--- INFORMATION GIVEN Enclosed Below ---
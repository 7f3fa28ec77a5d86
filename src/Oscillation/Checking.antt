-- ===== src/Oscillation/Checking.antt =====
-- `_check_oscillation` of ar724/conductor.py: the detectors of the runs, which one process keeps.
-- Nothing calls it but what stands behind the expression at which the tick raises.
use ztrade_ares_7x.Base.{
  ◌==◌, if◌then◌else◌, find, ℕ, String, ◌≡◌, refl, ◌∙◌, Bool, false, Option, none, some, List, [],
  ◌∷◌, arith, str_eq,
}
use ztrade_ares_7x.Base.Result.{Result, attribute_error, err, ok}
use ztrade_ares_7x.Db.{Candidate, Db}
use ztrade_ares_7x.Events.{insert_event, iter_event}
use ztrade_ares_7x.Oscillation.{default_detector, observe, Param, Detector, Trigger}
use ztrade_ares_7x.Settings.{LoopConfig}

-- what is at the path of a candidate: no file, one that cannot be read as JSON, JSON that is no
-- object, or an object with its factor_weights, which may be no dictionary or an empty one
pub data MutableFile : Type 0 where
  missing unreadable no_object no_weights : MutableFile
  weights : (first : Param) (others : List Param) → MutableFile

abbrev pub Detectors : Type 0
Detectors = List (ℕ × Detector)

-- `setdefault(run_id, OscillationDetector())`
abbrev pub detector_of : (run_id : ℕ) → Detectors → Detector
detector_of run_id [] = default_detector
detector_of run_id ((r, d) ∷ ds) =
    let rest = detector_of run_id ds in if r == run_id then d else rest

abbrev pub put_detector : (run_id : ℕ) → Detector → Detectors → Detectors
put_detector run_id d [] = (run_id, d) ∷ []
put_detector run_id d ((r, old) ∷ ds) =
    if r == run_id then (r, d) ∷ ds else (r, old) ∷ put_detector run_id d ds

abbrev policy_of : LoopConfig → String
policy_of c = elim (c.oscillation_policy) [ none ↦ "warn" | some policy ↦ policy ]

-- behind `observe`: the event, and whether the policy is to halt
abbrev pub settle :
    Db
    → LoopConfig
    → (run_id iter_id now : ℕ) → Detectors
    → Detector × List Trigger
    → Result Bool × (Db × Detectors)
settle db config run_id iter_id now ds (d, []) = (ok false, (db, put_detector run_id d ds))
settle db config run_id iter_id now ds (d, t ∷ ts) = (
  ok (str_eq (policy_of config) "halt"),
  (
    insert_event db (iter_event "oscillation_detected" "warn" run_id iter_id now),
    put_detector run_id d ds,
  ),
)

module _ (digest : List (String × String) → String) (file_at : String → MutableFile)
    (config : LoopConfig) where
  abbrev pub check_file :
      Db → (run_id iter_id now : ℕ) → Detectors → MutableFile → Result Bool × (Db × Detectors)
  check_file db run_id iter_id now ds (weights p ps) =
      settle db config run_id iter_id now ds (observe digest (detector_of run_id ds) (p ∷ ps))
  check_file db run_id iter_id now ds no_object = (err attribute_error, (db, ds))
  check_file db run_id iter_id now ds _ = (ok false, (db, ds))

  abbrev path_or_empty : Option String → String
  path_or_empty none = ""
  path_or_empty (some path) = path

  abbrev check_candidate :
      Db → (run_id iter_id now : ℕ) → Detectors → Option Candidate → Result Bool × (Db × Detectors)
  check_candidate db run_id iter_id now ds none = (ok false, (db, ds))
  check_candidate db run_id iter_id now ds (some c) =
      check_file db run_id iter_id now ds (file_at (path_or_empty c.mutable_path))

  unfoldable pub check_oscillation :
      Db
      → (run_id : ℕ) (candidate_hash : String) (iter_id now : ℕ) → Detectors
      → Result Bool × (Db × Detectors)
  unfolding insert_event observe
  check_oscillation db run_id candidate_hash iter_id now ds =
      check_candidate db run_id iter_id now ds
        (find (λ c. str_eq c.hash candidate_hash) db.candidates)

detector_of-put :
    (run_id r : ℕ) (d : Detector) (ds : Detectors)
    → detector_of r (put_detector run_id d ds) ≡ (if run_id == r then d else detector_of r ds)
detector_of-put run_id r d [] = refl
detector_of-put run_id r d ((k, old) ∷ ds) = ground (arith, detector_of-put run_id r d ds)

settle-others :
    (db : Db) (config : LoopConfig) (run_id iter_id now r : ℕ) (ds : Detectors)
    (seen : Detector × List Trigger)
    → (run_id == r) ≡ false
    → detector_of r (settle db config run_id iter_id now ds seen).1.1 ≡ detector_of r ds
settle-others db config run_id iter_id now r ds (d, []) other =
    detector_of-put run_id r d ds ∙ rw other
settle-others db config run_id iter_id now r ds (d, t ∷ ts) other =
    detector_of-put run_id r d ds ∙ rw other

-- A check for one run leaves the detectors of all others as they were, whatever it finds.
check_oscillation-others :
    (digest : List (String × String) → String) (file_at : String → MutableFile)
    (config : LoopConfig) (db : Db) (run_id : ℕ) (hash : String) (iter_id now r : ℕ)
    (ds : Detectors)
    → (run_id == r) ≡ false
    → detector_of r (check_oscillation digest file_at config db run_id hash iter_id now ds).1.1
      ≡ detector_of r ds
unfolding check_oscillation
check_oscillation-others digest file_at config db run_id hash iter_id now r ds other =
    by_candidate (find (λ c. str_eq c.hash hash) db.candidates)
  where
    by_file :
        (f : MutableFile)
        → detector_of r (check_file digest file_at config db run_id iter_id now ds f).1.1
          ≡ detector_of r ds
    by_file (weights p ps) =
        settle-others db config run_id iter_id now r ds
          (observe digest (detector_of run_id ds) (p ∷ ps)) other
    by_file no_object = refl
    by_file missing = refl
    by_file unreadable = refl
    by_file no_weights = refl

    by_candidate :
        (c : Option Candidate)
        → detector_of r (check_candidate digest file_at config db run_id iter_id now ds c).1.1
          ≡ detector_of r ds
    by_candidate none = refl
    by_candidate (some c) = by_file (file_at (path_or_empty digest file_at config c.mutable_path))
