-- ===== src/Oscillation/Window.antt =====
-- The bounded deques of ar724/oscillation.py hold what was observed last.
use ztrade_ares_7x.Base.{
  length, drop, length-append, length-drop, drop-drop, drop-append, ℕ, ◌+◌, ◌-◌, String, ◌≡◌, refl,
  sym, ◌∙◌, ap, List, [], ◌∷◌, ◌++◌, map, arith,
}
use mathlib.Core.Path.{ap₂}
use mathlib.Core.List.{append-nil, append_assoc}
use ztrade_ares_7x.Budget.{append_bounded}
use ztrade_ares_7x.Oscillation.{
  recent, structural_hash, observe, Param, Detector, observe_params, observe_param,
}

pub append_bounded-recent :
    (window : ℕ) (xs : List String) (x : String)
    → append_bounded window (recent window xs) x ≡ recent window (xs ++ x ∷ [])
append_bounded-recent window xs x =
    let k = length xs - window in
    let j = length (drop k xs) + 1 - window in
    let counts : k + j ≡ length (xs ++ x ∷ []) - window =
      omega (arith, length-drop k xs, length-append xs (x ∷ [])) in
    ap (drop j) (sym (drop-append k xs (x ∷ []) (omega arith)))
    ∙ drop-drop j k (xs ++ x ∷ [])
    ∙ ap (λ n. drop n (xs ++ x ∷ [])) counts

module _ (digest : List (String × String) → String) where
  abbrev pub observe_all : Detector → List (List Param) → Detector
  observe_all d [] = d
  observe_all d (c ∷ cs) = observe_all (observe digest d c).0 cs

  observe_params-keeps :
      (d : Detector) (ps : List Param)
      → ((observe_params d ps).0.history ≡ d.history) × ((observe_params d ps).0.window ≡ d.window)
  unfolding observe_params
  observe_params-keeps d [] = (refl, refl)
  observe_params-keeps d (p ∷ ps) = observe_params-keeps (observe_param d p).0 ps

  -- After any candidates the history is that of the last ones: the hashes of all candidates behind
  -- those that were there at first, cut to the window.
  pub observe_all-history :
      (d : Detector) (seen : List String) (cs : List (List Param))
      → d.history ≡ recent d.window seen
      → (observe_all d cs).history ≡ recent d.window (seen ++ map (structural_hash digest) cs)
  unfolding observe
  observe_all-history d seen [] h = h ∙ ap (recent d.window) (sym (append-nil seen))
  observe_all-history d seen (c ∷ cs) h =
      let hash = structural_hash digest c in
      let before = record d { history = append_bounded d.window d.history hash } in
      let (kept, width) = observe_params-keeps before c in
      let now : (observe digest d c).0.history ≡ recent d.window (seen ++ hash ∷ []) =
        kept
        ∙ ap (λ hs. append_bounded d.window hs hash) h
        ∙ append_bounded-recent d.window seen hash in
      observe_all-history (observe digest d c).0 (seen ++ hash ∷ []) cs
        (now ∙ ap (λ w. recent w (seen ++ hash ∷ [])) (sym width))
      ∙ ap₂ recent width (append_assoc seen (hash ∷ []) (map (structural_hash digest) cs))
--- End of Enclosed INFORMATION GIVEN ---
WHAT THE TASK ASKS
The response must hold only the lines above from the line with "check_oscillation db run_id" through the line with "detector_of-put run_id r d [] = refl", each copied exactly, both ends kept.

ANSWER BELOW
  check_oscillation db run_id candidate_hash iter_id now ds =
      check_candidate db run_id iter_id now ds
        (find (λ c. str_eq c.hash candidate_hash) db.candidates)

detector_of-put :
    (run_id r : ℕ) (d : Detector) (ds : Detectors)
    → detector_of r (put_detector run_id d ds) ≡ (if run_id == r then d else detector_of r ds)
detector_of-put run_id r d [] = refl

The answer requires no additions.